Rodolfo Graziani, Markgraf von Neghelli (* 11. August 1882 in Filettino, Provinz Frosinone; † 11. Januar 1955 in Rom) war ein italienischer Marschall, faschistischer Politiker und Publizist. Als fähigster und zugleich berüchtigtster Kolonialoffizier des faschistischen Italien steht sein Name symbolisch für die schwersten Kriegsverbrechen des Mussolini-Regimes auf dem afrikanischen Kontinent.

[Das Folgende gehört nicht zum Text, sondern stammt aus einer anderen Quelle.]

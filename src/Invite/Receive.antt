-- ===== src/Invite/Receive.antt =====
-- `handle_invite_request` and `handle_invite_response` of src/carrier/ela_carrier.c: the fragments of
-- an invitation are put together in a `TransactedAssembly`, one for each transaction.
use elastos_net_carrier_nati.Base.{
  ℕ, ◌+◌, List, [], ◌∷◌, ◌++◌, Bool, true, false, not, ◌||◌, Option, none, some, length, replicate,
  overwrite, eq_bytes, ◌==◌, ltb, if◌then◌else◌,
}
use elastos_net_carrier_nati.Base.Words.{add_size}
use elastos_net_carrier_nati.Mux.Channel.{Timeval}
use elastos_net_carrier_nati.Invite.Data.{
  Fragment, TransactedAssembly, Env, ElaCarrier, TransactedCallback, tid_key, history_key,
  invite_data_unit, ela_max_invite_data_len, tassembly_timeout, InviteCallback,
}
use elastos_net_carrier_nati.Invite.Send.{allocate, bytes_of}

-- "session", the only extension that takes invitations.
abbrev pub session_name : List ℕ
session_name = 115 ∷ 101 ∷ 115 ∷ 115 ∷ 105 ∷ 111 ∷ 110 ∷ []

-- An assembly as it is made from the first fragment.
unfoldable pub new_assembly : List ℕ → Fragment → Option (List ℕ) → Timeval → TransactedAssembly
new_assembly friendid f reason now = record {
  ext = bytes_of f.extension;
  friendid = friendid;
  tid = f.tid;
  bundle = f.bundle;
  reason = reason;
  data_ = replicate f.totalsz 0;
  data_len = f.totalsz;
  data_off = 0;
  expire_time = record { sec = now.sec + tassembly_timeout; usec = now.usec };
}

-- The test for a fragment that belongs elsewhere or does not fit; `size_t` sums wrap around.
unfoldable pub is_invalid_fragment : TransactedAssembly → List ℕ → Option (List ℕ) → ℕ → Bool
is_invalid_fragment a friendid name len =
    elim name [ none ↦ false | some n ↦ not (eq_bytes a.ext n) ]
    || (not (eq_bytes a.friendid friendid)
        || (ltb invite_data_unit len
            || (ltb (add_size a.data_off len) len || ltb a.data_len (add_size a.data_off len))))

-- `memcpy` to the end of what has arrived.
unfoldable pub add_data : TransactedAssembly → List ℕ → TransactedAssembly
add_data a bs = record a {
  data_ = overwrite a.data_off bs a.data_;
  data_off = add_size a.data_off (length bs);
}

-- The sender's name in the history: the friend, and the extension behind a colon.
abbrev pub sender : List ℕ → Option (List ℕ) → List ℕ
sender friendid none = friendid
sender friendid (some name) = friendid ++ 58 ∷ name

module _ {env : Env} where
  open env use {World, table_get, table_put, table_remove, friends_get, gettimeofday}

  -- The callback that an invitation is for.
  abbrev pub invite_callback : ElaCarrier env → Option (List ℕ) → Option (InviteCallback env)
  invite_callback c none = c.friend_invite
  invite_callback c (some name) = if eq_bytes name session_name then c.session_invite else none

  unfoldable pub notify_invite :
      ElaCarrier env → List ℕ → Option (List ℕ) → TransactedAssembly → ElaCarrier env
  notify_invite c friendid name a = elim (invite_callback c name) [
    | none ↦ c
    | some f ↦ record c { world = f friendid a.bundle a.data_ c.world }
  ]

  -- A request all of whose data have arrived.
  unfoldable pub complete_request :
      ElaCarrier env → List ℕ → Fragment → TransactedAssembly → Bool → ElaCarrier env
  unfolding notify_invite
  complete_request c friendid f a need_add =
      let c1 = record c {
        thistory = table_put c.thistory (history_key (sender friendid f.extension)) f.tid;
      } in
      let c2 = notify_invite c1 friendid f.extension a in
      if need_add
      then c2
      else record c2 { tassembly_ireqs = table_remove c2.tassembly_ireqs (tid_key f.tid) }

  -- A fragment for its assembly, which is new (`need_add`) or stands in the table, where the change
  -- of the shared object is written back.
  unfoldable pub assemble_request :
      ElaCarrier env → List ℕ → Fragment → TransactedAssembly → Bool → ElaCarrier env
  unfolding is_invalid_fragment add_data complete_request
  assemble_request c friendid f ireq need_add =
      let a = add_data ireq f.raw_data in
      if length f.raw_data == 0 || is_invalid_fragment ireq friendid f.extension (length f.raw_data)
      then c
      else if a.data_off == a.data_len
      then complete_request c friendid f a need_add
      else record c { tassembly_ireqs = table_put c.tassembly_ireqs (tid_key f.tid) a }

  -- The assembly of a fragment's transaction, or a new one.
  unfoldable pub request_assembly :
      ElaCarrier env → List ℕ → Fragment → Option TransactedAssembly → ElaCarrier env
  unfolding assemble_request allocate new_assembly
  request_assembly c friendid f (some ireq) = assemble_request c friendid f ireq false
  request_assembly c friendid f none =
      let (got, c1) = allocate c in
      let (now, w) = gettimeofday c1.world in
      if f.totalsz == 0 || ltb ela_max_invite_data_len f.totalsz
      then c
      else if not got
      then c1
      else assemble_request (record c1 { world = w }) friendid f (new_assembly friendid f none now)
          true

  -- `handle_invite_request`
  unfoldable pub handle_invite_request : ElaCarrier env → ℕ → Fragment → ElaCarrier env
  unfolding request_assembly
  handle_invite_request c friend_number f = elim (friends_get friend_number c.world) [
    | none ↦ c
    | some friendid ↦ request_assembly c friendid f (table_get c.tassembly_ireqs (tid_key f.tid))
  ]

  -- A response all of whose data have arrived. Its callback is called once, since it is taken out of
  -- the table; it is given the reason of the last fragment.
  unfoldable pub complete_response :
      ElaCarrier env
      → List ℕ
      → Fragment
      → TransactedCallback env
      → TransactedAssembly
      → Bool
      → ElaCarrier env
  complete_response c friendid f tcb a need_add =
      let reason = if f.status == 0 then none else f.reason in
      let c1 = record c {
        tcallbacks = table_remove c.tcallbacks (tid_key f.tid);
        world = tcb.callback_func friendid a.bundle f.status reason a.data_ c.world;
      } in
      if need_add
      then c1
      else record c1 { tassembly_irsps = table_remove c1.tassembly_irsps (tid_key f.tid) }

  -- The data of a response count only if it is not a refusal.
  unfoldable pub assemble_response :
      ElaCarrier env
      → List ℕ
      → Fragment
      → TransactedCallback env
      → TransactedAssembly
      → Bool
      → ElaCarrier env
  unfolding is_invalid_fragment add_data complete_response
  assemble_response c friendid f tcb irsp need_add =
      let bs = if f.status == 0 then f.raw_data else [] in
      let a = add_data irsp bs in
      if is_invalid_fragment irsp friendid f.extension (length bs)
      then c
      else if a.data_off == a.data_len
      then complete_response c friendid f tcb a need_add
      else record c { tassembly_irsps = table_put c.tassembly_irsps (tid_key f.tid) a }

  unfoldable pub response_assembly :
      ElaCarrier env
      → List ℕ
      → Fragment
      → TransactedCallback env
      → Option TransactedAssembly
      → ElaCarrier env
  unfolding assemble_response allocate new_assembly
  response_assembly c friendid f tcb (some irsp) = assemble_response c friendid f tcb irsp false
  response_assembly c friendid f tcb none =
      let reason = if f.status == 0 then none else f.reason in
      let (got, c1) = allocate c in
      let (now, w) = gettimeofday c1.world in
      if ltb ela_max_invite_data_len f.totalsz
      then c
      else if not got
      then c1
      else assemble_response (record c1 { world = w }) friendid f tcb
          (new_assembly friendid f reason now) true

  -- `handle_invite_response`. A refusal without a reason, on which the source's `strlen` fails, counts
  -- here as one with an empty reason.
  unfoldable pub handle_invite_response : ElaCarrier env → ℕ → Fragment → ElaCarrier env
  unfolding response_assembly
  handle_invite_response c friend_number f = elim (friends_get friend_number c.world) [
    | none ↦ c
    | some friendid ↦ elim (table_get c.tcallbacks (tid_key f.tid)) [
      | none ↦ c
      | some tcb ↦ response_assembly c friendid f tcb (table_get c.tassembly_irsps (tid_key f.tid))
    ]
  ]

Aus kleinbürgerlichen Verhältnissen in Mittelitalien stammend, stieg Graziani während des Ersten Weltkriegs zum jüngsten Oberst des königlich-italienischen Heeres auf. Als erfolgreicher Truppenführer profilierte er sich danach auch in Italiens kolonialen Eroberungs- und Vernichtungskriegen in Libyen (1922–1932) und Äthiopien (1935–1937). Er wurde zum General und schließlich zum Marschall befördert und galt als eine Ikone des faschistischen Regimes. Bei den unterworfenen Völkern Nord- und Ostafrikas hingegen erwarb sich Graziani aufgrund seiner rücksichtslosen Brutalität einen Ruf als „Schlächter“, der an führender Stelle verantwortlich war für Massaker, Giftgaseinsätze, Todesmärsche, Deportationen, Konzentrationslager und Völkermord. Während des Zweiten Weltkrieges befehligte er 1940/41 den italienischen Angriff auf Ägypten, der jedoch desaströs scheiterte und ihn bei der Führung in Rom in Ungnade fallen ließ.

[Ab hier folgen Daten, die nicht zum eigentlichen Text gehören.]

-- ===== src/Invite/Address.antt =====
-- The addresses of src/carrier/ela_carrier.c: a user id, or a user id, a colon and an extension.
use elastos_net_carrier_nati.Base.{
  ℕ, ◌≡◌, refl, List, [], ◌∷◌, Bool, true, false, Option, none, some, arith, ◌==◌, if◌then◌else◌,
}
use elastos_net_carrier_nati.Invite.Send.{parse_address}
use elastos_net_carrier_nati.Invite.Receive.{sender}

abbrev pub has_colon : List ℕ → Bool
has_colon [] = false
has_colon (c ∷ cs) = let rest = has_colon cs in if c == 58 then true else rest

-- The address under which the receiver remembers an invitation, a user id without a colon and
-- perhaps an extension, is taken apart by `parse_address`, with which the reply to it begins, into
-- that user id and that extension.
pub parse_address-sender :
    (userid : List ℕ) (ext : Option (List ℕ))
    → has_colon userid ≡ false
    → parse_address (sender userid ext) ≡ (userid, ext)
unfolding parse_address
parse_address-sender [] none h = refl
parse_address-sender [] (some e) h = refl
parse_address-sender (c ∷ cs) none h = ground (arith, parse_address-sender cs none)
parse_address-sender (c ∷ cs) (some e) h = ground (arith, parse_address-sender cs (some e))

Als einziger italienischer Marschall kollaborierte Graziani auch nach dem Sturz Mussolinis weiter mit dem „Dritten Reich“. Er schloss sich der faschistischen Italienischen Sozialrepublik (RSI) an und war von September 1943 bis April 1945 deren Kriegsminister. Als solcher mobilisierte er italienische Soldaten und ließ Kriegsdienstverweigerer hinrichten. Nach der deutsch-italienischen Kapitulation in Norditalien im April 1945 war er zunächst US-amerikanischer Kriegsgefangener, wobei sowohl das Kaiserreich Äthiopien als auch das Königreich Libyen seine Auslieferung forderten. Jedoch wurde Graziani niemals für in Afrika stattgefundene Kriegsverbrechen belangt, obwohl ihn auch die United Nations War Crimes Commission als einen der größten italienischen Kriegsverbrecher listete. Für seine Kollaboration mit dem NS-Regime wurde Graziani schließlich 1950 zu 19 Jahren Haft verurteilt, allerdings nach vier Monaten begnadigt.

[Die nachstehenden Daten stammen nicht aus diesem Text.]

-- ===== src/Invite/Assembly.antt =====
-- The assembly of an invitation's fragments by `handle_invite_request` of
-- src/carrier/ela_carrier.c.
use elastos_net_carrier_nati.Base.{
  ℕ, ◌+◌, ◌≤◌, ◌<◌, ◌≡◌, refl, sym, ap, subst, ◌∙◌, List, [], ◌∷◌, ◌++◌, Bool, false, Option, none,
  some, arith, length, take, length-append, length-overwrite, take-overwrite, eq_bytes_refl,
  length-replicate,
}
use elastos_net_carrier_nati.Mux.Channel.{Timeval}
use elastos_net_carrier_nati.Invite.Data.{
  Fragment, TransactedAssembly, Env, ElaCarrier, tid_key, invite_data_unit, ela_max_invite_data_len,
}
use elastos_net_carrier_nati.Invite.Send.{bytes_of}
use elastos_net_carrier_nati.Invite.Receive.{
  new_assembly, is_invalid_fragment, add_data, complete_request, assemble_request,
  handle_invite_request, invite_callback,
}

-- `p` has arrived of the `n` bytes of an invitation.
pub record IsPartial (a : TransactedAssembly) (p : List ℕ) (n : ℕ) : Type 0 where
  pub received : take a.data_off a.data_ ≡ p
  pub offset : a.data_off ≡ length p
  pub block : length a.data_ ≡ n
  pub total : a.data_len ≡ n
  pub small : n ≤ ela_max_invite_data_len

pub add_data-IsPartial :
    (a : TransactedAssembly) (p bs : List ℕ) (n : ℕ)
    → IsPartial a p n
    → length p + length bs ≤ n
    → IsPartial (add_data a bs) (p ++ bs) n
unfolding add_data
add_data-IsPartial a p bs n v h = record {
  received =
      take-overwrite a.data_off _ bs a.data_ (omega (arith, v.offset, v.small))
        (omega (arith, v.offset, v.block, v.small))
      ∙ ap (λ xs. xs ++ bs) v.received;
  offset = omega (arith, v.offset, v.small, length-append p bs);
  block = length-overwrite a.data_off bs a.data_ ∙ v.block;
  total = v.total;
  small = v.small;
}

-- The assembly belongs to the friend and the extension.
pub record IsFor (a : TransactedAssembly) (friendid : List ℕ) (name bundle : Option (List ℕ))
    : Type 0 where
  pub friend : a.friendid ≡ friendid
  pub extension : a.ext ≡ bytes_of name
  pub same_bundle : a.bundle ≡ bundle

pub add_data-IsFor :
    (a : TransactedAssembly) (friendid bs : List ℕ) (name bundle : Option (List ℕ))
    → IsFor a friendid name bundle
    → IsFor (add_data a bs) friendid name bundle
unfolding add_data
add_data-IsFor a friendid bs name bundle o = record {
  friend = o.friend;
  extension = o.extension;
  same_bundle = o.same_bundle;
}

pub new_assembly-IsPartial :
    (friendid : List ℕ) (f : Fragment) (now : Timeval) (n : ℕ)
    → f.totalsz ≡ n
    → n ≤ ela_max_invite_data_len
    → IsPartial (new_assembly friendid f none now) [] n
unfolding new_assembly
new_assembly-IsPartial friendid f now n e h = record {
  received = refl;
  offset = refl;
  block = length-replicate f.totalsz 0 ∙ e;
  total = e;
  small = h;
}

pub new_assembly-IsFor :
    (friendid : List ℕ) (f : Fragment) (now : Timeval) (name bundle : Option (List ℕ))
    → f.extension ≡ name
    → f.bundle ≡ bundle
    → IsFor (new_assembly friendid f none now) friendid name bundle
unfolding new_assembly
new_assembly-IsFor friendid f now name bundle e b = record {
  friend = refl;
  extension = ap bytes_of e;
  same_bundle = b;
}

fragment_valid :
    (a : TransactedAssembly) (friendid p : List ℕ) (name bundle : Option (List ℕ)) (len n : ℕ)
    → IsFor a friendid name bundle
    → IsPartial a p n
    → len ≤ invite_data_unit
    → length p + len ≤ n
    → is_invalid_fragment a friendid name len ≡ false
unfolding is_invalid_fragment
fragment_valid a friendid p none bundle len n o v h k =
    rw (o.friend, eq_bytes_refl friendid) (ground (arith, v.offset, v.total, v.small))
fragment_valid a friendid p (some name) bundle len n o v h k =
    rw (o.friend, o.extension, eq_bytes_refl friendid, eq_bytes_refl name)
      (ground (arith, v.offset, v.total, v.small))

-- A fragment of the transaction.
pub record IsPiece (tid : ℕ) (name : Option (List ℕ)) (f : Fragment) : Type 0 where
  pub transaction : f.tid ≡ tid
  pub extension : f.extension ≡ name
  pub positive : 0 < length f.raw_data
  pub unit : length f.raw_data ≤ invite_data_unit

abbrev pub AllPieces : ℕ → Option (List ℕ) → List Fragment → Type 0
AllPieces tid name [] = Unit {0}
AllPieces tid name (f ∷ fs) = IsPiece tid name f × AllPieces tid name fs

abbrev pub all_data : List Fragment → List ℕ
all_data [] = []
all_data (f ∷ fs) = f.raw_data ++ all_data fs

-- A callback, if there is one.
abbrev pub call :
    {W : Type 0}
    → Option (List ℕ → Option (List ℕ) → List ℕ → W → W)
    → List ℕ
    → Option (List ℕ)
    → List ℕ
    → W
    → W
call none friendid bundle bs w = w
call (some f) friendid bundle bs w = f friendid bundle bs w

module _ {env : Env} where
  open env use {World, table_get, table_put, table_remove, friends_get, gettimeofday, alloc}

  -- The fragments as they come in.
  unfoldable pub receive_all : ElaCarrier env → ℕ → List Fragment → ElaCarrier env
  receive_all c n [] = c
  receive_all c n (f ∷ fs) = receive_all (handle_invite_request c n f) n fs

  -- The world after the callback for an invitation, on its data.
  abbrev pub invited : ElaCarrier env → List ℕ → Option (List ℕ) → Option (List ℕ) → List ℕ → World
  invited c friendid name bundle bs = call (invite_callback c name) friendid bundle bs c.world

  module _ (c : ElaCarrier env) (friendid p : List ℕ) (f : Fragment) (name bundle : Option (List ℕ))
      (a : TransactedAssembly) (tid n : ℕ) (o : IsFor a friendid name bundle) (v : IsPartial a p n)
      (q : IsPiece tid name f) (need_add : Bool) where
    belongs :
        length p + length f.raw_data ≤ n
        → is_invalid_fragment a friendid f.extension (length f.raw_data) ≡ false
    belongs h =
        subst (λ x. is_invalid_fragment a friendid x (length f.raw_data) ≡ false) (sym q.extension)
          (fragment_valid a friendid p name bundle (length f.raw_data) n o v q.unit h)

    pub assemble_more :
        length p + length f.raw_data < n
        → assemble_request c friendid f a need_add ≡ record c {
          tassembly_ireqs = table_put c.tassembly_ireqs (tid_key tid) (add_data a f.raw_data);
        }
    unfolding assemble_request
    assemble_more h =
        rw (belongs (omega arith), q.transaction)
          (ground (
            arith,
            q.positive,
            (add_data-IsPartial a p f.raw_data n v (omega arith)).offset,
            (add_data-IsPartial a p f.raw_data n v (omega arith)).total,
            length-append p f.raw_data,
          ))

    pub assemble_last :
        length p + length f.raw_data ≡ n
        → assemble_request c friendid f a need_add
          ≡ complete_request c friendid f (add_data a f.raw_data) need_add
    unfolding assemble_request
    assemble_last h = rw (belongs (omega arith)) (
        ground (
          arith,
          q.positive,
          (add_data-IsPartial a p f.raw_data n v (omega arith)).offset,
          (add_data-IsPartial a p f.raw_data n v (omega arith)).total,
          length-append p f.raw_data,
        ))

Nach seiner Freilassung wurde er Ehrenpräsident der neofaschistischen Partei Movimento Sociale Italiano. In Italiens rechtsextremer Szene wird Graziani bis in die Gegenwart verehrt. Im Jahr 2012 sorgte die mit öffentlichen Geldern finanzierte Errichtung eines Graziani-Mausoleums in der Stadt Affile für einen internationalen Skandal.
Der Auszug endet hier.